*Exercise requirements*: Restate the records in full, keeping every word as it is.

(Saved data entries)

☆ ☆ ☆ ☆

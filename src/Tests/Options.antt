-- ===== src/Tests/Options.antt =====
-- The quick preset from its options to its run's checked config.
use mathlib.Core.List.Memᴰ
use dm_simulator.Base.{String, ◌≡◌, refl, none, some, [], ◌∷◌, ok, ◌&◌, ◌⊛◌}
use dm_simulator.Base.Int.{pos, int}
use dm_simulator.Base.FilePath.{given}
use dm_simulator.Text.{split_comma, strip, join}
use dm_simulator.Matrix.Preset.{MatrixRun}
use dm_simulator.Matrix.Presets.{quick}
use dm_simulator.Matrix.Weights.{
  no_contention_weight_profile, contention_weight_profiles_for_policy,
}
use dm_simulator.Matrix.Run.{Point}
use dm_simulator.Matrix.Capacity.{
  channel_limit, eligible_count, churn_count, effective_churn, required_count,
  validate_hot_object_capacity,
}
use dm_simulator.Matrix.Parse.{
  parse_csv_list, parse_seeds, parse_policies, parse_workload_issue_modes,
}
use dm_simulator.Matrix.Build.{Dimensions, product, check_point, matrix_run, runs_at, build_runs}
use dm_simulator.Matrix.Yaml.{config_text}
use dm_simulator.Matrix.DryRun.{check_config}
use dm_simulator.Matrix.Options.{Arguments, select, options}
use dm_simulator.Matrix.Options.Pipeline.{options-check_config}
use dm_simulator.Matrix.Options.Levels.{HasLevels, HasSettings, options-HasSettings}
use dm_simulator.Tests.Decimal.{Decimal, decimal_floats}

abbrev args : Arguments
args = record {
  seeds = "7";
  policies = some "lru";
  node_counts = none;
  epoch_lengths = none;
  object_counts = none;
  epoch_counts = none;
  workload_issue_modes = none;
  burst_sizes = none;
  burst_intervals = none;
  intra_burst_gaps = none;
  node_phase_jitters = none;
  hot_set_sizes = none;
  hot_access_probabilities = none;
  churn_fractions = none;
  overlaps = none;
  object_size_modes = none;
  large_object_probabilities = none;
  memory_channel_counts = none;
  hot_object_channel_counts = none;
  cache_hotset_multipliers = none;
  memory_bandwidth_levels = none;
  memory_base_latency_levels = none;
  link_latency_levels = none;
}

abbrev dims : Dimensions Decimal
dims = record {
  seeds = pos 7 ∷ [];
  policies = "lru" ∷ [];
  node_counts = 4 ∷ [];
  object_counts = 128 ∷ [];
  epoch_counts = 3 ∷ [];
  epoch_lengths = 16 ∷ [];
  workload_issue_modes = "completion_driven" ∷ [];
  burst_sizes = 4 ∷ [];
  burst_intervals = 100 ∷ [];
  intra_burst_gaps = 1 ∷ [];
  node_phase_jitters = 0 ∷ [];
  hot_set_sizes = 8 ∷ [];
  hot_access_probabilities = record { millionths = 800000 } ∷ [];
  churn_fractions = record { millionths = 1000000 } ∷ [];
  overlaps = "medium" ∷ [];
  object_size_modes = "fixed" ∷ [];
  large_object_probabilities = record { millionths = 100000 } ∷ [];
  cache_multipliers = record { millionths = 500000 } ∷ [];
  memory_channel_counts = 1 ∷ [];
  hot_object_channel_counts = 0 ∷ [];
  memory_bandwidth_levels = "moderate" ∷ [];
  memory_base_latency_levels = "medium" ∷ [];
  link_latency_levels = "medium" ∷ [];
}

passed : options args quick ≡ ok dims
unfolding options select parse_seeds parse_policies parse_csv_list parse_workload_issue_modes
    split_comma strip join int
passed = refl

abbrev sha1 : String → String
sha1 name = "da39a3ee5e6b4b0d3255bfef95601890afd80709"

abbrev corner : Point Decimal
corner = record {
  seed = pos 7;
  policy = "lru";
  node_count = 4;
  object_count = 128;
  epoch_count = 3;
  epoch_length = 16;
  workload_issue_mode = "completion_driven";
  burst_size = 4;
  burst_interval = 100;
  intra_burst_gap = 1;
  node_phase_jitter = 0;
  hot_set_size = 8;
  hot_access_probability = record { millionths = 800000 };
  churn_fraction = record { millionths = 1000000 };
  overlap = "medium";
  object_size_mode = "fixed";
  large_probability = record { millionths = 100000 };
  cache_multiplier = record { millionths = 500000 };
  memory_channel_count = 1;
  hot_object_channel_count = 0;
  bandwidth_level = "moderate";
  base_level = "medium";
  link_level = "medium";
}

abbrev run : MatrixRun Decimal
run = matrix_run sha1 quick (given "results") corner no_contention_weight_profile

built : build_runs sha1 quick dims (given "results") ≡ ok (run ∷ [])
unfolding build_runs runs_at check_point product ◌⊛◌ validate_hot_object_capacity required_count
    channel_limit eligible_count churn_count effective_churn contention_weight_profiles_for_policy
built = refl

quick-HasLevels : HasLevels {F = Decimal} quick
quick-HasLevels = record { bandwidths = refl & tt; bases = refl & tt; links = refl & tt }

options-HasSettings_example : HasSettings quick dims
options-HasSettings_example = options-HasSettings args quick quick-HasLevels dims passed

options-check_config_example :
    (text : String) × (config_text run ≡ ok text) × (check_config run text ≡ ok tt)
options-check_config_example =
    options-check_config sha1 "quick" quick args dims (given "results") (run ∷ []) run
      (Memᴰ.head refl) passed (((_, refl) & tt) & tt) built (Memᴰ.head refl)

☆ ☆ ☆ ☆

*Your response*:
filename src/Tests/Options.antt
-- ===== src/Tests/Options.antt =====
-- The quick preset from its options to its run's checked config.
use mathlib.Core.List.Memᴰ
use dm_simulator.Base.{String, ◌≡◌, refl, none, some, [], ◌∷◌, ok, ◌&◌, ◌⊛◌}
use dm_simulator.Base.Int.{pos, int}
use dm_simulator.Base.FilePath.{given}
use dm_simulator.Text.{split_comma, strip, join}
use dm_simulator.Matrix.Preset.{MatrixRun}
use dm_simulator.Matrix.Presets.{quick}
use dm_simulator.Matrix.Weights.{
  no_contention_weight_profile, contention_weight_profiles_for_policy,
}
use dm_simulator.Matrix.Run.{Point}
use dm_simulator.Matrix.Capacity.{
  channel_limit, eligible_count, churn_count, effective_churn, required_count,
  validate_hot_object_capacity,
}
use dm_simulator.Matrix.Parse.{
  parse_csv_list, parse_seeds, parse_policies, parse_workload_issue_modes,
}
use dm_simulator.Matrix.Build.{Dimensions, product, check_point, matrix_run, runs_at, build_runs}
use dm_simulator.Matrix.Yaml.{config_text}
use dm_simulator.Matrix.DryRun.{check_config}
use dm_simulator.Matrix.Options.{Arguments, select, options}
use dm_simulator.Matrix.Options.Pipeline.{options-check_config}
use dm_simulator.Matrix.Options.Levels.{HasLevels, HasSettings, options-HasSettings}
use dm_simulator.Tests.Decimal.{Decimal, decimal_floats}

abbrev args : Arguments
args = record {
  seeds = "7";
  policies = some "lru";
  node_counts = none;
  epoch_lengths = none;
  object_counts = none;
  epoch_counts = none;
  workload_issue_modes = none;
  burst_sizes = none;
  burst_intervals = none;
  intra_burst_gaps = none;
  node_phase_jitters = none;
  hot_set_sizes = none;
  hot_access_probabilities = none;
  churn_fractions = none;
  overlaps = none;
  object_size_modes = none;
  large_object_probabilities = none;
  memory_channel_counts = none;
  hot_object_channel_counts = none;
  cache_hotset_multipliers = none;
  memory_bandwidth_levels = none;
  memory_base_latency_levels = none;
  link_latency_levels = none;
}

abbrev dims : Dimensions Decimal
dims = record {
  seeds = pos 7 ∷ [];
  policies = "lru" ∷ [];
  node_counts = 4 ∷ [];
  object_counts = 128 ∷ [];
  epoch_counts = 3 ∷ [];
  epoch_lengths = 16 ∷ [];
  workload_issue_modes = "completion_driven" ∷ [];
  burst_sizes = 4 ∷ [];
  burst_intervals = 100 ∷ [];
  intra_burst_gaps = 1 ∷ [];
  node_phase_jitters = 0 ∷ [];
  hot_set_sizes = 8 ∷ [];
  hot_access_probabilities = record { millionths = 800000 } ∷ [];
  churn_fractions = record { millionths = 1000000 } ∷ [];
  overlaps = "medium" ∷ [];
  object_size_modes = "fixed" ∷ [];
  large_object_probabilities = record { millionths = 100000 } ∷ [];
  cache_multipliers = record { millionths = 500000 } ∷ [];
  memory_channel_counts = 1 ∷ [];
  hot_object_channel_counts = 0 ∷ [];
  memory_bandwidth_levels = "moderate" ∷ [];
  memory_base_latency_levels = "medium" ∷ [];
  link_latency_levels = "medium" ∷ [];
}

passed : options args quick ≡ ok dims
unfolding options select parse_seeds parse_policies parse_csv_list parse_workload_issue_modes
    split_comma strip join int
passed = refl

abbrev sha1 : String → String
sha1 name = "da39a3ee5e6b4b0d3255bfef95601890afd80709"

abbrev corner : Point Decimal
corner = record {
  seed = pos 7;
  policy = "lru";
  node_count = 4;
  object_count = 128;
  epoch_count = 3;
  epoch_length = 16;
  workload_issue_mode = "completion_driven";
  burst_size = 4;
  burst_interval = 100;
  intra_burst_gap = 1;
  node_phase_jitter = 0;
  hot_set_size = 8;
  hot_access_probability = record { millionths = 800000 };
  churn_fraction = record { millionths = 1000000 };
  overlap = "medium";
  object_size_mode = "fixed";
  large_probability = record { millionths = 100000 };
  cache_multiplier = record { millionths = 500000 };
  memory_channel_count = 1;
  hot_object_channel_count = 0;
  bandwidth_level = "moderate";
  base_level = "medium";
  link_level = "medium";
}

abbrev run : MatrixRun Decimal
run = matrix_run sha1 quick (given "results") corner no_contention_weight_profile

built : build_runs sha1 quick dims (given "results") ≡ ok (run ∷ [])
unfolding build_runs runs_at check_point product ◌⊛◌ validate_hot_object_capacity required_count
    channel_limit eligible_count churn_count effective_churn contention_weight_profiles_for_policy
built = refl

quick-HasLevels : HasLevels {F = Decimal} quick
quick-HasLevels = record { bandwidths = refl & tt; bases = refl & tt; links = refl & tt }

options-HasSettings_example : HasSettings quick dims
options-HasSettings_example = options-HasSettings args quick quick-HasLevels dims passed

options-check_config_example :
    (text : String) × (config_text run ≡ ok text) × (check_config run text ≡ ok tt)
options-check_config_example =
    options-check_config sha1 "quick" quick args dims (given "results") (run ∷ []) run
      (Memᴰ.head refl) passed (((_, refl) & tt) & tt) built (Memᴰ.head refl)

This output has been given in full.